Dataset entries

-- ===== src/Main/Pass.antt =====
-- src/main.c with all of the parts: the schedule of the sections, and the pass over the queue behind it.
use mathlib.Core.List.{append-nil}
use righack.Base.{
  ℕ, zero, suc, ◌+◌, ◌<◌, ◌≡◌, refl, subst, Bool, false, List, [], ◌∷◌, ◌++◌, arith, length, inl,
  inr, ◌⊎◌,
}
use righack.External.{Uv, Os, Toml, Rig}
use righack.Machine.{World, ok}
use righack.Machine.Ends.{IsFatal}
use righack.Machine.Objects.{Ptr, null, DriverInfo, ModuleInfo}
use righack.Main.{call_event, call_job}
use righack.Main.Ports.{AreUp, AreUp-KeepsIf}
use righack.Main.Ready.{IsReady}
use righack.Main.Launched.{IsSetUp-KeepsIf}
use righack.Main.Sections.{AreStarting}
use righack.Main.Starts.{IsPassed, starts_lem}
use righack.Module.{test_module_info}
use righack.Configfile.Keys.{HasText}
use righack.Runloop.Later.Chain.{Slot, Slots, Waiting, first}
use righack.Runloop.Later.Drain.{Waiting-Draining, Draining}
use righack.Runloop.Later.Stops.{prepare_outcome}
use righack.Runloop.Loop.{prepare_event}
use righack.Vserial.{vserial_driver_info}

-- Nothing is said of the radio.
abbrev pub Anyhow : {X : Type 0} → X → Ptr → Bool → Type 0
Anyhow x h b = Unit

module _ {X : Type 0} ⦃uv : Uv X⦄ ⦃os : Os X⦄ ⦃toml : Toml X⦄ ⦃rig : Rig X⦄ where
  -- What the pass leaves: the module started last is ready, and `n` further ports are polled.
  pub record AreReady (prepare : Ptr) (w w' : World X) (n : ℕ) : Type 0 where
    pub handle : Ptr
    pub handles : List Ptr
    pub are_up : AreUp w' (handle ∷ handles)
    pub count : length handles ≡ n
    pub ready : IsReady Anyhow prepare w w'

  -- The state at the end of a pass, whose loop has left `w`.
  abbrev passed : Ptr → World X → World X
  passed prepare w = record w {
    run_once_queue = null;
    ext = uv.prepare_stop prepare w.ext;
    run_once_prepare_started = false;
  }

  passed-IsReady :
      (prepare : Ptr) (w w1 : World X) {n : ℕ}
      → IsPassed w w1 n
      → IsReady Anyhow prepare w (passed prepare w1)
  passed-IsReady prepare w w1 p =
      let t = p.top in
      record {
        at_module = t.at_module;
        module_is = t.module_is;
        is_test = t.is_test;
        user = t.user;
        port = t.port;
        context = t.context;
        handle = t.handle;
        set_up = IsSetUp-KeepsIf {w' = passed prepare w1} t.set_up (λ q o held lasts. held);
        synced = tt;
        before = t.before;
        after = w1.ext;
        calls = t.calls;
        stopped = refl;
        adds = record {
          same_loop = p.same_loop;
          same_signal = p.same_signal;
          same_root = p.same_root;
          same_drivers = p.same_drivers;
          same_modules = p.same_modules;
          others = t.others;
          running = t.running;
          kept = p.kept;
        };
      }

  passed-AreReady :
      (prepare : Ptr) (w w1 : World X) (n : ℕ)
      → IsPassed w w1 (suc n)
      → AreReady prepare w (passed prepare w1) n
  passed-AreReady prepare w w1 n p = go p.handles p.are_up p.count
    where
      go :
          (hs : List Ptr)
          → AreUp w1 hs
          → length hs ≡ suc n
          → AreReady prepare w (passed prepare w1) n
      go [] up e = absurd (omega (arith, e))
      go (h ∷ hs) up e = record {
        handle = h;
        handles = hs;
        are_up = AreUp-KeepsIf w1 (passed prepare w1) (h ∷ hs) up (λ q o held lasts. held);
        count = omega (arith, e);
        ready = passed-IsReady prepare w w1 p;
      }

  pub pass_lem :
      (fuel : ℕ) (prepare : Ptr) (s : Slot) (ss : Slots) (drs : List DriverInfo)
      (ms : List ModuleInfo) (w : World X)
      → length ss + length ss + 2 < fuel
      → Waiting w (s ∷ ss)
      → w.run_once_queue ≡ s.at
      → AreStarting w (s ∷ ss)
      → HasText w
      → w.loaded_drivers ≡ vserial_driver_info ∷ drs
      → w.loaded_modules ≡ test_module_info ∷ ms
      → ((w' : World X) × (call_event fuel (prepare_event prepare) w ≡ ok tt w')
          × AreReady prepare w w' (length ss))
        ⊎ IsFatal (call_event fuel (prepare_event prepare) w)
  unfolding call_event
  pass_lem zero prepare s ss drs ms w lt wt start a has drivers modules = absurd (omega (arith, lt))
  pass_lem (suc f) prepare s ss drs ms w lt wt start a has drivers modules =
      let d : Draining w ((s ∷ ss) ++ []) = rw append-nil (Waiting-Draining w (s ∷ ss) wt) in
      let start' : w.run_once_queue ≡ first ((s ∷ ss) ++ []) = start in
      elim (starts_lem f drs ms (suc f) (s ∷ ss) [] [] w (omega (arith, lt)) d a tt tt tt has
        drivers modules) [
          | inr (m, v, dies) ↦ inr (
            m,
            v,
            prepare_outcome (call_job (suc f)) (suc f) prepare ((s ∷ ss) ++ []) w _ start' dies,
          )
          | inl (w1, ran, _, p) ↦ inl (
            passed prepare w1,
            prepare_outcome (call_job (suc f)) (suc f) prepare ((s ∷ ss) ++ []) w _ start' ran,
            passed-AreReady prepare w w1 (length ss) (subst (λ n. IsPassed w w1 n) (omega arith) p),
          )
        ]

* * *

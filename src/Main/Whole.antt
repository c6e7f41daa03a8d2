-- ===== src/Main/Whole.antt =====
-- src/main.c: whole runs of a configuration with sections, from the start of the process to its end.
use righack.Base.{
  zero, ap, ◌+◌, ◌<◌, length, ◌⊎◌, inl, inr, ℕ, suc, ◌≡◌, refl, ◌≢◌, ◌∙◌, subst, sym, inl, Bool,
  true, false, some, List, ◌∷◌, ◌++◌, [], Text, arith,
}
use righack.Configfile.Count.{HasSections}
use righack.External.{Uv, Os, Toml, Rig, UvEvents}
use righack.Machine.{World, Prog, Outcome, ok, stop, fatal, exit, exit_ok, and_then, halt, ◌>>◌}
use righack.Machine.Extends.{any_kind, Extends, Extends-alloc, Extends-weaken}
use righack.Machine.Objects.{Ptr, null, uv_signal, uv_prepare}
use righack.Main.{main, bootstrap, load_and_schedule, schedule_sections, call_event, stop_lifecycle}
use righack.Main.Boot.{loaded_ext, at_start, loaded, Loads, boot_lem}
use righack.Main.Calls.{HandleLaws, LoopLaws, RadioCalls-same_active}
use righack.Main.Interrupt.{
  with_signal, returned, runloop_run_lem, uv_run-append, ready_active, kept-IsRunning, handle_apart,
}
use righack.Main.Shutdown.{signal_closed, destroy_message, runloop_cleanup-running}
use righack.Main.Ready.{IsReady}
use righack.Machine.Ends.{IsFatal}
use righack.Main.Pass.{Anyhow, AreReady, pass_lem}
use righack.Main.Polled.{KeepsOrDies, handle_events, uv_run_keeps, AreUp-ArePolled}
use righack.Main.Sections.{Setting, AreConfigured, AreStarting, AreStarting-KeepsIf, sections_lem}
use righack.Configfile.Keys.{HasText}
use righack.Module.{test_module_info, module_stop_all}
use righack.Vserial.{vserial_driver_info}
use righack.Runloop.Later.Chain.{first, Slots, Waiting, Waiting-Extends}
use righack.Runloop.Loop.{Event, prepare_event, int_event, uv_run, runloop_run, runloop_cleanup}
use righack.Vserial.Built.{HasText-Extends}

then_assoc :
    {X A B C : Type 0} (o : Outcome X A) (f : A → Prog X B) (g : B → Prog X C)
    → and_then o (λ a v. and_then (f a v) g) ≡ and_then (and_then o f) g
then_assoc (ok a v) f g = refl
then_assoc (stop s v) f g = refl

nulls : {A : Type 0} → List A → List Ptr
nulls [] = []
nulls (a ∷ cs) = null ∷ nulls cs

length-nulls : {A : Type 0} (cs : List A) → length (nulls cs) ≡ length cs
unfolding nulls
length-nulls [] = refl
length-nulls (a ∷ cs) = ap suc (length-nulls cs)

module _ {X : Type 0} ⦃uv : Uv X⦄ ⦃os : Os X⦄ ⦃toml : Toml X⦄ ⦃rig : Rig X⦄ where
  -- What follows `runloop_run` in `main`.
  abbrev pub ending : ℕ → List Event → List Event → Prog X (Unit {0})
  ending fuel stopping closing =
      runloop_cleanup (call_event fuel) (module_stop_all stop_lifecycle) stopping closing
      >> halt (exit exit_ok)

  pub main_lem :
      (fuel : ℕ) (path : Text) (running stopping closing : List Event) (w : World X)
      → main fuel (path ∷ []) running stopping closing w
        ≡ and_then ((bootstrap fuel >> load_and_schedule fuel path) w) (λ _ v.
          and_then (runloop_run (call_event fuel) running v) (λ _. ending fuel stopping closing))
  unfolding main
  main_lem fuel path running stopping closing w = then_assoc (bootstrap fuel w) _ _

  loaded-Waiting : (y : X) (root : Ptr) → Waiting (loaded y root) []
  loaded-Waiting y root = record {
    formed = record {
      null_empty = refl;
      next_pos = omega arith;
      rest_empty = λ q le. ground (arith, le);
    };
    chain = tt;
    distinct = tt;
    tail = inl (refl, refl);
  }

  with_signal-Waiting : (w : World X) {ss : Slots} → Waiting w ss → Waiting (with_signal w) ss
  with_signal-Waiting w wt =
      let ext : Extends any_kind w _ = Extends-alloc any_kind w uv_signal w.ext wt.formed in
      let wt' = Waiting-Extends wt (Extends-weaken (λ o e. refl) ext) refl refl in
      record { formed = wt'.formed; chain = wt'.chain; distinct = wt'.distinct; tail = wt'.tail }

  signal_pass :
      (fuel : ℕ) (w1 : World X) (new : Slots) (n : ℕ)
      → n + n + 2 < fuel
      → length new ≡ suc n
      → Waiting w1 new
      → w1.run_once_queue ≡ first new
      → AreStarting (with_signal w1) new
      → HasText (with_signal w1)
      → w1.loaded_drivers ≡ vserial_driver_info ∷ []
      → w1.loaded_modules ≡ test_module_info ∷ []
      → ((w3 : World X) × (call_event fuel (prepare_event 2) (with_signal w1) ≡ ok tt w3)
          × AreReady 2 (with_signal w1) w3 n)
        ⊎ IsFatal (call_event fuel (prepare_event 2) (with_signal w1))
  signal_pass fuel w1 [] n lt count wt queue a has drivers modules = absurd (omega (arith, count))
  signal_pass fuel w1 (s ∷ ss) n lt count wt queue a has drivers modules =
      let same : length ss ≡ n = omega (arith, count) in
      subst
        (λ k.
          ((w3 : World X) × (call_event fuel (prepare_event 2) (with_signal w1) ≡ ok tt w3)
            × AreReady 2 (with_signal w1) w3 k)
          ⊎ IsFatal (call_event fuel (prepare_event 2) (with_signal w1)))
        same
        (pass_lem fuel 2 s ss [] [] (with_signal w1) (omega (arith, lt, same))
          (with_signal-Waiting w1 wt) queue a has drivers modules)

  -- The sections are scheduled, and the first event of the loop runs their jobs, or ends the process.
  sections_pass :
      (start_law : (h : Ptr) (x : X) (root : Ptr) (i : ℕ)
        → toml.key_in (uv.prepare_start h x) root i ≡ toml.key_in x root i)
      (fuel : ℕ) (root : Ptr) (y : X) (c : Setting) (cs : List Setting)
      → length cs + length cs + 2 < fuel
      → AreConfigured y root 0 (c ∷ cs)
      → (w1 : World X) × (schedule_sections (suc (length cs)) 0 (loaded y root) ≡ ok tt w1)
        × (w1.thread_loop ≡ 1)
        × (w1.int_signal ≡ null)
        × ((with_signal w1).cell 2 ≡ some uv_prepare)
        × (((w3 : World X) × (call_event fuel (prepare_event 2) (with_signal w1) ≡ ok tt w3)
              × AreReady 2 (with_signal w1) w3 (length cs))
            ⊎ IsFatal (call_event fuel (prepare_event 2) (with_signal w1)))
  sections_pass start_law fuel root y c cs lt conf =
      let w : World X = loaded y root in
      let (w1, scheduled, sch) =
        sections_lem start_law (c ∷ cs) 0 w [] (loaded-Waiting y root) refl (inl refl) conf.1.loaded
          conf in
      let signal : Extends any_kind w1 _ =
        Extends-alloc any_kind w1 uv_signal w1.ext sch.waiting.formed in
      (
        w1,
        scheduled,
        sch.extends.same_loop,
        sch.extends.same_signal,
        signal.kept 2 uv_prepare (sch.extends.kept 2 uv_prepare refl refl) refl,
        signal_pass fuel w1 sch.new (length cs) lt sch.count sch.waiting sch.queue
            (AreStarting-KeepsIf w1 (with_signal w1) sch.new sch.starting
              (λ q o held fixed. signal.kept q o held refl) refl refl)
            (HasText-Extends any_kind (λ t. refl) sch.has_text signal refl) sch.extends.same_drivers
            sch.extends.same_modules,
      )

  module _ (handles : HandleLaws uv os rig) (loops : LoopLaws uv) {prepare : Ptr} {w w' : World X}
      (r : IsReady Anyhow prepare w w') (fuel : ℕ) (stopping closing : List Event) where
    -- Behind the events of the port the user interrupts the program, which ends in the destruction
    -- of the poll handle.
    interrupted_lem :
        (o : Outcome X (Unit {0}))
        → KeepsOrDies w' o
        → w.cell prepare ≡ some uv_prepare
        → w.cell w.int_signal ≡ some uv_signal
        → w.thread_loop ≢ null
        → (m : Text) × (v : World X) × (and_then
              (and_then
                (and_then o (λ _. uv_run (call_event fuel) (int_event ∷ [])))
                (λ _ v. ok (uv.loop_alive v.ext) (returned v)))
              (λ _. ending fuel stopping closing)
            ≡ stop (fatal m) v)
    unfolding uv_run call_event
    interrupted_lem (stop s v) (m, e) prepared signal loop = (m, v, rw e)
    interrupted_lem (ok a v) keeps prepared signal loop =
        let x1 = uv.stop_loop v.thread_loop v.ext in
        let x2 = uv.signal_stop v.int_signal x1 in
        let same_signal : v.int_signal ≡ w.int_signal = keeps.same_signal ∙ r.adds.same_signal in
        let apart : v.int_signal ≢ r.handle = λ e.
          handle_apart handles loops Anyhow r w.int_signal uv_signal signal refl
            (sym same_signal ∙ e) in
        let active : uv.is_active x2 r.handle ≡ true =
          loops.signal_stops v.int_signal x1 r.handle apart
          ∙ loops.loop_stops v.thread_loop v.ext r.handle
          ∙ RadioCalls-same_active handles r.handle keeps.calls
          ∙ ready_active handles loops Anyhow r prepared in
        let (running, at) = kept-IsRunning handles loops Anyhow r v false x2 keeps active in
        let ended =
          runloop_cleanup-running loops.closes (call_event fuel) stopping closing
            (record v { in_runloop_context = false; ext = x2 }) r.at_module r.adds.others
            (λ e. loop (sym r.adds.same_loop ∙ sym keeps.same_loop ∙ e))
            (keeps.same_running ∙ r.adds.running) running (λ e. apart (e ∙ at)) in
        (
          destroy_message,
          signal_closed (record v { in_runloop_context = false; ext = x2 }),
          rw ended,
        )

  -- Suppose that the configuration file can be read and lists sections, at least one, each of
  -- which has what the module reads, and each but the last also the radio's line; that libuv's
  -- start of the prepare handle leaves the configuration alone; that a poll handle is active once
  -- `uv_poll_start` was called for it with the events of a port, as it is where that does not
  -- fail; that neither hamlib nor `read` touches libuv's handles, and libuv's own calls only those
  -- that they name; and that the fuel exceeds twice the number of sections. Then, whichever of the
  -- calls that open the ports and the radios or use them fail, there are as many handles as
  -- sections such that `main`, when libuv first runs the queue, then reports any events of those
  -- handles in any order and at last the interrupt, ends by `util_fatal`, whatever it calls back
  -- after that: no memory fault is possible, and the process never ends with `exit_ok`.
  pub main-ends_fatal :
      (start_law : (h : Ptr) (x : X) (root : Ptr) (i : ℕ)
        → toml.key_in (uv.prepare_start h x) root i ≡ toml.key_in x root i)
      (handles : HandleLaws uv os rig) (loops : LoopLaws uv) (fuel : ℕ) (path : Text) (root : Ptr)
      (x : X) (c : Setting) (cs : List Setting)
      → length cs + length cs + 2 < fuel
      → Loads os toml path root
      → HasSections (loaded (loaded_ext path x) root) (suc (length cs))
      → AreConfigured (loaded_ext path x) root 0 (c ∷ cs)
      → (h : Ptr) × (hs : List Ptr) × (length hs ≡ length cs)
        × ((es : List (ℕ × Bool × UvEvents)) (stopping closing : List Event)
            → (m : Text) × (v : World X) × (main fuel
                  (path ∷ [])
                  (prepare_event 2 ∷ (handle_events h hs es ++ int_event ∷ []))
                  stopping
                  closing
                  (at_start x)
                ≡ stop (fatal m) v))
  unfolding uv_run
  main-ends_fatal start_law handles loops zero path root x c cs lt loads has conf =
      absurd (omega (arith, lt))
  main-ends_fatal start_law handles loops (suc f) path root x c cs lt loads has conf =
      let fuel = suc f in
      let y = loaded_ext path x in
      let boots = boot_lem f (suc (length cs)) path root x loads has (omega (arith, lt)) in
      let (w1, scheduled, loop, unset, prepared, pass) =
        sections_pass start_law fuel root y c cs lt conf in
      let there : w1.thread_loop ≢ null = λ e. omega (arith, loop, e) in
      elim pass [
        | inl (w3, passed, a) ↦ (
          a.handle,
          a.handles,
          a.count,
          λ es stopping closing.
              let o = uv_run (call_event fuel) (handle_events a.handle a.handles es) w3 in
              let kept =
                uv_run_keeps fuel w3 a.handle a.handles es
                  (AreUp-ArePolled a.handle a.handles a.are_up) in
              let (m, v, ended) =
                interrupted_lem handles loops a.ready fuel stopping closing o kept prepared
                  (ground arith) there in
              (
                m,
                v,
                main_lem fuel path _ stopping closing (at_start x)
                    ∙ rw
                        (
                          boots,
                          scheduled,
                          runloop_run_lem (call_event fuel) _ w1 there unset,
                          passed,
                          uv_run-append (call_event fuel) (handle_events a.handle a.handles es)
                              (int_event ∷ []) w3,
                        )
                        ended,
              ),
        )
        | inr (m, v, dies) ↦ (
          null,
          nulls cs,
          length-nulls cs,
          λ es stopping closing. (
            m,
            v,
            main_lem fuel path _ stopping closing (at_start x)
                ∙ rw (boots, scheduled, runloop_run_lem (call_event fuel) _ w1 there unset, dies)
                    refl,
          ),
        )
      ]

...

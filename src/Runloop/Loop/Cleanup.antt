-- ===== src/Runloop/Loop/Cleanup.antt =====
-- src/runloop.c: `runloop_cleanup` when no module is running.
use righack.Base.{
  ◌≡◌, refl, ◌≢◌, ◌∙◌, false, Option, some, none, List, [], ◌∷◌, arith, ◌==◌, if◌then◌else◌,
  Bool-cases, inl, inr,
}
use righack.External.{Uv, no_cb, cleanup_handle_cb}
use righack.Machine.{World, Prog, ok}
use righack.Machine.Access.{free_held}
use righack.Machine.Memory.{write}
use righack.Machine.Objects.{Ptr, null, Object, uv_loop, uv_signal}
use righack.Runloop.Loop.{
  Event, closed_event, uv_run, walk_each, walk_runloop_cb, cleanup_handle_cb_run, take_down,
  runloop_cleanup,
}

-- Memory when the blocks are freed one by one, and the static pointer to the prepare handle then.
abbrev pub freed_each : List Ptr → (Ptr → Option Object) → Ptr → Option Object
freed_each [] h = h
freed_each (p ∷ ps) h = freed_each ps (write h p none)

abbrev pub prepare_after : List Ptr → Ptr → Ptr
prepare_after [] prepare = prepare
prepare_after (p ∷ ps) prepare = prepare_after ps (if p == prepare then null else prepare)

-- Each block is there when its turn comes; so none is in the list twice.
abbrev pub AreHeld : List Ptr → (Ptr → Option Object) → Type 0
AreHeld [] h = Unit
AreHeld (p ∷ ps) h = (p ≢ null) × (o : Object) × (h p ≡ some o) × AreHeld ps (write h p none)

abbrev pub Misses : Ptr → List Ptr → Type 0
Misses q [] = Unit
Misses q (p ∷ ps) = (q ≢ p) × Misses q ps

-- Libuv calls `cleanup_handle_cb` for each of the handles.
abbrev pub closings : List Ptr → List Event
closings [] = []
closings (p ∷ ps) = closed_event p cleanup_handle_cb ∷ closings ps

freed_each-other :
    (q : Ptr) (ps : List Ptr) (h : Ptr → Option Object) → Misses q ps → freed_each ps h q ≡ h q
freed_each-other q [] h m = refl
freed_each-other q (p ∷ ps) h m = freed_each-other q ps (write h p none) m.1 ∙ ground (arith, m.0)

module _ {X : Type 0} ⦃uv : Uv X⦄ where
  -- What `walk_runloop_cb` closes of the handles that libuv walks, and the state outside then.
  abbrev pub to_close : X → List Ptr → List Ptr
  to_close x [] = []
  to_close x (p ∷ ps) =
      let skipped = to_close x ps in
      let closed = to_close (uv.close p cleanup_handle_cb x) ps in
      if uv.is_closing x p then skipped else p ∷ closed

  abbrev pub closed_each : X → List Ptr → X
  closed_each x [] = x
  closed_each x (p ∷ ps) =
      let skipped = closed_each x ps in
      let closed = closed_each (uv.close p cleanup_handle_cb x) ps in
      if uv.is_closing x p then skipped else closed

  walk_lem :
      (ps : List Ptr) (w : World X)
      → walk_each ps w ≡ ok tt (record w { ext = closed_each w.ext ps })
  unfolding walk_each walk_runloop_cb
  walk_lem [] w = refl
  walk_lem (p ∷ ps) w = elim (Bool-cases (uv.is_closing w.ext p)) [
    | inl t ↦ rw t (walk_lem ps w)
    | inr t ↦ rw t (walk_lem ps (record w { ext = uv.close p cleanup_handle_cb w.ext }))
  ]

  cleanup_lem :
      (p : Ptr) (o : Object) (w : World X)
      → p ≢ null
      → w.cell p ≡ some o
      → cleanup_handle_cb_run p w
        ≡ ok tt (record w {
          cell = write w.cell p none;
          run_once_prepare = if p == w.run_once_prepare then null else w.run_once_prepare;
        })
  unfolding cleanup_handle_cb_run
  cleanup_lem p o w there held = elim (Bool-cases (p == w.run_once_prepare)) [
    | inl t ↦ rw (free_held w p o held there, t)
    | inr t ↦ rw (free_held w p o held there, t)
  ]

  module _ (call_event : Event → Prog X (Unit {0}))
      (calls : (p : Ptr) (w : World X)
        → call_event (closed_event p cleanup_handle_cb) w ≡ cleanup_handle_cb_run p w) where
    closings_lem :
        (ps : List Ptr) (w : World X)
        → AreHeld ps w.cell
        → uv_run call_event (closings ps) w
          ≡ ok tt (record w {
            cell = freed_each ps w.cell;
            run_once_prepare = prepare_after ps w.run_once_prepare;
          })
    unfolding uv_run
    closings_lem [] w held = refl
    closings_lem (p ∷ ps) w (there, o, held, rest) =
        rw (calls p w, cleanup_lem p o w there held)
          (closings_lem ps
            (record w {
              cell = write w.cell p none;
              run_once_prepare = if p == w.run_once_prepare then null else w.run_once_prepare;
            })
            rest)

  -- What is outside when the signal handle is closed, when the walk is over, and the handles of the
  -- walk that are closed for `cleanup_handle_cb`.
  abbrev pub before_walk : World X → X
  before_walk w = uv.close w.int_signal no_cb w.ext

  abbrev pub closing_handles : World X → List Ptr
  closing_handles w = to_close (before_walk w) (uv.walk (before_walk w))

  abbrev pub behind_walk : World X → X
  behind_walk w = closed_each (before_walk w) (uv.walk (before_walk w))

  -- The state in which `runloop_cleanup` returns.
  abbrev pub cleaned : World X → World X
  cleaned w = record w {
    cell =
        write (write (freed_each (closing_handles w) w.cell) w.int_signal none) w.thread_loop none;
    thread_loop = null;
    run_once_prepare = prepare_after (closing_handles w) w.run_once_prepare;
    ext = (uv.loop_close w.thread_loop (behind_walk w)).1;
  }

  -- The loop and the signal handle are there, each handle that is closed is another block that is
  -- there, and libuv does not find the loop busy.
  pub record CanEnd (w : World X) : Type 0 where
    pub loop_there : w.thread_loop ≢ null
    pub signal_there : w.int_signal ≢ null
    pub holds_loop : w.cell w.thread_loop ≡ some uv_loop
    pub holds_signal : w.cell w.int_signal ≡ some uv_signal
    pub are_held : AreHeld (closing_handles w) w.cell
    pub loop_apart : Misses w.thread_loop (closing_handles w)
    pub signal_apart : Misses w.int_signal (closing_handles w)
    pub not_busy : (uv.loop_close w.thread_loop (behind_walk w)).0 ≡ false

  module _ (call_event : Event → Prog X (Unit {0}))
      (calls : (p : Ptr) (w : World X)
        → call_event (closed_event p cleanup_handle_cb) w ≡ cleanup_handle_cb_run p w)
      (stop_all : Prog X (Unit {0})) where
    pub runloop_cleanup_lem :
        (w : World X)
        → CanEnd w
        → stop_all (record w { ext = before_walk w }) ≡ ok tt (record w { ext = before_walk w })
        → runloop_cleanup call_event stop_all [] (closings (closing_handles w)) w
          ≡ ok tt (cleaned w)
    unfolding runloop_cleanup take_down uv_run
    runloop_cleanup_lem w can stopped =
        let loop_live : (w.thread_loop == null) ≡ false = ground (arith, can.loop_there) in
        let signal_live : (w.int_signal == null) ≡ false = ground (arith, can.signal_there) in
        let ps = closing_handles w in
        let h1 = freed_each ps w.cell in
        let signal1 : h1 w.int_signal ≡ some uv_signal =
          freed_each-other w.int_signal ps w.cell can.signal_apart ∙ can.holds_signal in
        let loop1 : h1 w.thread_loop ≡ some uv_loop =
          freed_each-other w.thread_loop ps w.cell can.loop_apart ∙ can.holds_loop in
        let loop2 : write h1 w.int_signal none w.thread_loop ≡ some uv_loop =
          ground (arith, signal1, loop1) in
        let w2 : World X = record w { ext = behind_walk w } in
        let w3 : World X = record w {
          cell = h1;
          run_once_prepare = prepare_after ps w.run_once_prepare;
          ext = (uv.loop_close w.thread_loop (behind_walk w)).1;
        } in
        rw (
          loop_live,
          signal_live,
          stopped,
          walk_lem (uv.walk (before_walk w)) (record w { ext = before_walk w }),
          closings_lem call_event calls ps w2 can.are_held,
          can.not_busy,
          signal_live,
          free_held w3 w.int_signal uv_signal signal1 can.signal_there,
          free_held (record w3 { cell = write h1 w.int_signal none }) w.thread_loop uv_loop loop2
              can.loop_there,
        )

DIRECTIONS FOR THIS TASK:
Go through the records and tally the lines that include "nulls". Write only the number.

ANSWER FOR THIS EXERCISE:
9